## DATASET RECORDS
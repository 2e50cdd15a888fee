-- ===== src/Settlement/Acknowledgements/Confirmed.antt =====
-- `resolveSettlementAcknowledgements` over a set of acknowledgements.
use peer_hours.Prelude.{
  String, ◌≡◌, ◌≢◌, ◌↔◌, ◌∙◌, inl, inr, refl, sym, ap, true, false, some, List, [], arith, ok,
  text_equality, Ordering, ◌&&◌, if◌then◌else◌, Occurs, SameSet, acknowledgement, conflicting,
  Result-cases, Option-cases,
}
use peer_hours.Script.Map.{Map, get, has, values}
use peer_hours.Script.Sort.{sort}
use peer_hours.Script.Sort.Laws.{sort-Occurs, Occurs-sort}
use peer_hours.Script.Collation.{Collation, before, before_irrefl, before_trans}
use peer_hours.Script.Collect.{collect-Source, get-collect_item, collect_same, Occurs-values_iff}
use peer_hours.Script.Collect.Order.{Separates, sort-values_same}
use peer_hours.Domain.Types.{ExchangeProposal}
use peer_hours.Settlement.Acknowledgements.{
  SettlementAcknowledgement, SettlementConfirmationState, dual_confirmed, awaiting_counterparty,
  Acknowledgement-discrete, is_open, acknowledged_by, assert_accepted_proposal,
  validate_settlement_acknowledgement, acknowledgements_by_participant, by_participant_order,
  resolve_settlement_acknowledgements,
}
use peer_hours.Settlement.Acknowledgements.Exact.{exact, validate_iff}

module _ (p : ExchangeProposal) where
  -- An acknowledgement that a lookup finds is the exact one, and came in.
  found :
      (given : List SettlementAcknowledgement) (m : Map SettlementAcknowledgement) (member : String)
      (v : SettlementAcknowledgement)
      → acknowledgements_by_participant p given ≡ ok m
      → get m member ≡ some v
      → Occurs (exact p member) given
  unfolding acknowledgements_by_participant
  found given m member v h g =
      elim (collect-Source (validate_settlement_acknowledgement p) acknowledged_by
        (acknowledgement conflicting) given [] m member v h g) [
          | inl old ↦ absurd (unfold get in ground arith)
          | inr (x, o, e, at) ↦
              let (_, _, same, kept) = (validate_iff p x v).0 e in
              let named : exact p member ≡ x = rw (← at, kept) (sym same) in rw named o
        ]

  has_iff :
      (given : List SettlementAcknowledgement) (m : Map SettlementAcknowledgement) (member : String)
      → acknowledgements_by_participant p given ≡ ok m
      → (has m member ≡ true) ↔ Occurs (exact p member) given
  unfolding acknowledgements_by_participant
  has_iff given m member h = (
    λ g. elim (Option-cases (get m member)) [
      | inl e ↦ absurd (ground arith)
      | inr (v, e) ↦ found given m member v h e
    ],
    λ o.
        let (b, e, g) =
          get-collect_item (validate_settlement_acknowledgement p) acknowledged_by
            (acknowledgement conflicting) given [] m (exact p member) h o in
        let (_, _, _, kept) = (validate_iff p (exact p member) b).0 e in
        let at : get m member ≡ some (exact p member) = rw kept at g in ground arith,
  )

module _ (c : Collation) (p : ExchangeProposal) where
  -- What a resolution that does not throw has gone through.
  resolved :
      (given : List SettlementAcknowledgement) (s : SettlementConfirmationState)
      → resolve_settlement_acknowledgements c p given ≡ ok s
      → (is_open p ≡ false)
        × (m : Map SettlementAcknowledgement) × (acknowledgements_by_participant p given ≡ ok m)
        × (s.acknowledgements ≡ sort (by_participant_order c) (values m))
        × ((s.status ≡ dual_confirmed)
            ↔ ((has m p.provider_member_id ≡ true) × (has m p.receiver_member_id ≡ true)))
  unfolding resolve_settlement_acknowledgements assert_accepted_proposal
  resolved given s h = elim (Result-cases (acknowledgements_by_participant p given)) [
    | inl (m, e) ↦
        (ground arith, m, e, ground arith, (λ q. (ground arith, ground arith), λ q. ground arith))
    | inr (x, e) ↦ absurd (ground arith)
  ]

  -- If the acknowledgements of a proposal resolve, the resolved status is dual-confirmed exactly
  -- when the acknowledgement of the provider and that of the receiver both came in, each with
  -- the terms of the proposal.
  pub resolve-confirmed_iff :
      (given : List SettlementAcknowledgement) (s : SettlementConfirmationState)
      → resolve_settlement_acknowledgements c p given ≡ ok s
      → (s.status ≡ dual_confirmed) ↔ (
          Occurs (exact p p.provider_member_id) given × Occurs (exact p p.receiver_member_id) given)
  resolve-confirmed_iff given s h =
      let (_, m, e, _, status) = resolved given s h in
      let provider = has_iff p given m p.provider_member_id e in
      let receiver = has_iff p given m p.receiver_member_id e in
      (
        λ q. let (a, b) = status.0 q in (provider.0 a, receiver.0 b),
        λ (a, b). status.1 (provider.1 a, receiver.1 b),
      )

  admitted :
      (given : List SettlementAcknowledgement) (m : Map SettlementAcknowledgement)
      (a : SettlementAcknowledgement)
      → acknowledgements_by_participant p given ≡ ok m
      → Occurs a given
      → validate_settlement_acknowledgement p a ≡ ok a
  unfolding acknowledgements_by_participant
  admitted given m a e o =
      let (b, f, _) =
        get-collect_item (validate_settlement_acknowledgement p) acknowledged_by
          (acknowledgement conflicting) given [] m a e o in
      let (_, _, _, kept) = (validate_iff p a b).0 f in f ∙ ap ok kept

  abbrev resolution : Map SettlementAcknowledgement → SettlementConfirmationState
  resolution m = record {
    proposal_id = p.id;
    status =
        if has m p.provider_member_id && has m p.receiver_member_id
        then dual_confirmed
        else awaiting_counterparty;
    acknowledgements = sort (by_participant_order c) (values m);
  }

  resolve-resolution :
      (given : List SettlementAcknowledgement) (m : Map SettlementAcknowledgement)
      → is_open p ≡ false
      → acknowledgements_by_participant p given ≡ ok m
      → resolve_settlement_acknowledgements c p given ≡ ok (resolution m)
  unfolding resolve_settlement_acknowledgements assert_accepted_proposal
  resolve-resolution given m o e = rw (o, e) refl

  resolution_same :
      (m n : Map SettlementAcknowledgement)
      → ((k : String) → get n k ≡ get m k)
      → sort (by_participant_order c) (values m) ≡ sort (by_participant_order c) (values n)
      → resolution n ≡ resolution m
  resolution_same m n lookups sorted =
      ground (arith, lookups p.provider_member_id, lookups p.receiver_member_id, sorted)

  resolution-SameSet :
      (given : List SettlementAcknowledgement) (m : Map SettlementAcknowledgement)
      → acknowledgements_by_participant p given ≡ ok m
      → SameSet (sort (by_participant_order c) (values m)) given
  unfolding acknowledgements_by_participant
  resolution-SameSet given m e a =
      let source =
        Occurs-values_iff (validate_settlement_acknowledgement p) acknowledged_by
          (acknowledgement conflicting) given m a e in
      (
        λ o.
            let (x, q, f) = source.0 (sort-Occurs (by_participant_order c) (values m) o) in
            let (_, _, _, kept) = (validate_iff p x a).0 f in rw kept q,
        λ o. Occurs-sort (by_participant_order c) (source.1 (a, o, admitted given m a e o)),
      )

  pub resolve-admitted :
      (given : List SettlementAcknowledgement) (s : SettlementConfirmationState)
      → resolve_settlement_acknowledgements c p given ≡ ok s
      → (a : SettlementAcknowledgement) → Occurs a given
      → validate_settlement_acknowledgement p a ≡ ok a
  resolve-admitted given s h a o =
      let (_, m, e, _, _) = resolved given s h in admitted given m a e o

  -- The collation tells the two participants apart.
  abbrev pub TellsParticipantsApart : Type 0
  TellsParticipantsApart = c.locale_compare p.provider_member_id p.receiver_member_id ≢ Ordering.eq

  participants-Separates :
      (given : List SettlementAcknowledgement) (m : Map SettlementAcknowledgement)
      → acknowledgements_by_participant p given ≡ ok m
      → TellsParticipantsApart
      → Separates acknowledged_by (by_participant_order c) (values m)
  unfolding before
  participants-Separates given m e apart a b o q n =
      let as_given = λ (x : SettlementAcknowledgement) (r : Occurs x (values m)).
        let t = resolution-SameSet given m e x in
        let (_, by, _, _) =
          (validate_iff p x x).0
            (admitted given m x e (t.0 (Occurs-sort (by_participant_order c) r))) in
        by in
      ground (
        arith,
        as_given a o,
        as_given b q,
        n,
        apart,
        c.swapped p.provider_member_id p.receiver_member_id,
      )

  -- If the acknowledgements resolve, the same ones in any other order, and however often each is
  -- repeated, resolve too, and to the same state. The collation is to tell the two participants
  -- apart.
  pub resolve_same :
      (xs ys : List SettlementAcknowledgement) (s : SettlementConfirmationState)
      → SameSet xs ys
      → TellsParticipantsApart
      → resolve_settlement_acknowledgements c p xs ≡ ok s
      → resolve_settlement_acknowledgements c p ys ≡ ok s
  unfolding acknowledgements_by_participant
  resolve_same xs ys s same apart h =
      let (o, m, e, _, _) = resolved xs s h in
      let (n, f, lookups) =
        collect_same (validate_settlement_acknowledgement p) acknowledged_by
          (acknowledgement conflicting) xs ys m same e in
      let sorted =
        sort-values_same acknowledged_by (by_participant_order c)
          (λ a. before_irrefl c a.acknowledged_by_member_id)
          (λ a b d.
            before_trans c a.acknowledged_by_member_id b.acknowledged_by_member_id
              d.acknowledged_by_member_id)
          (validate_settlement_acknowledgement p) (acknowledgement conflicting) xs ys m n same e f
          (participants-Separates xs m e apart) in
      let first = resolve-resolution xs m o e in
      resolve-resolution ys n o f
      ∙ ap ok (resolution_same m n (λ k. lookups k) sorted)
      ∙ sym first
      ∙ h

## REQUIRED WORK
Some of the data mentions "then". Copy every line where it does.

## RESPONSE BELOW
  text_equality, Ordering, ◌&&◌, if◌then◌else◌, Occurs, SameSet, acknowledgement, conflicting,
        then dual_confirmed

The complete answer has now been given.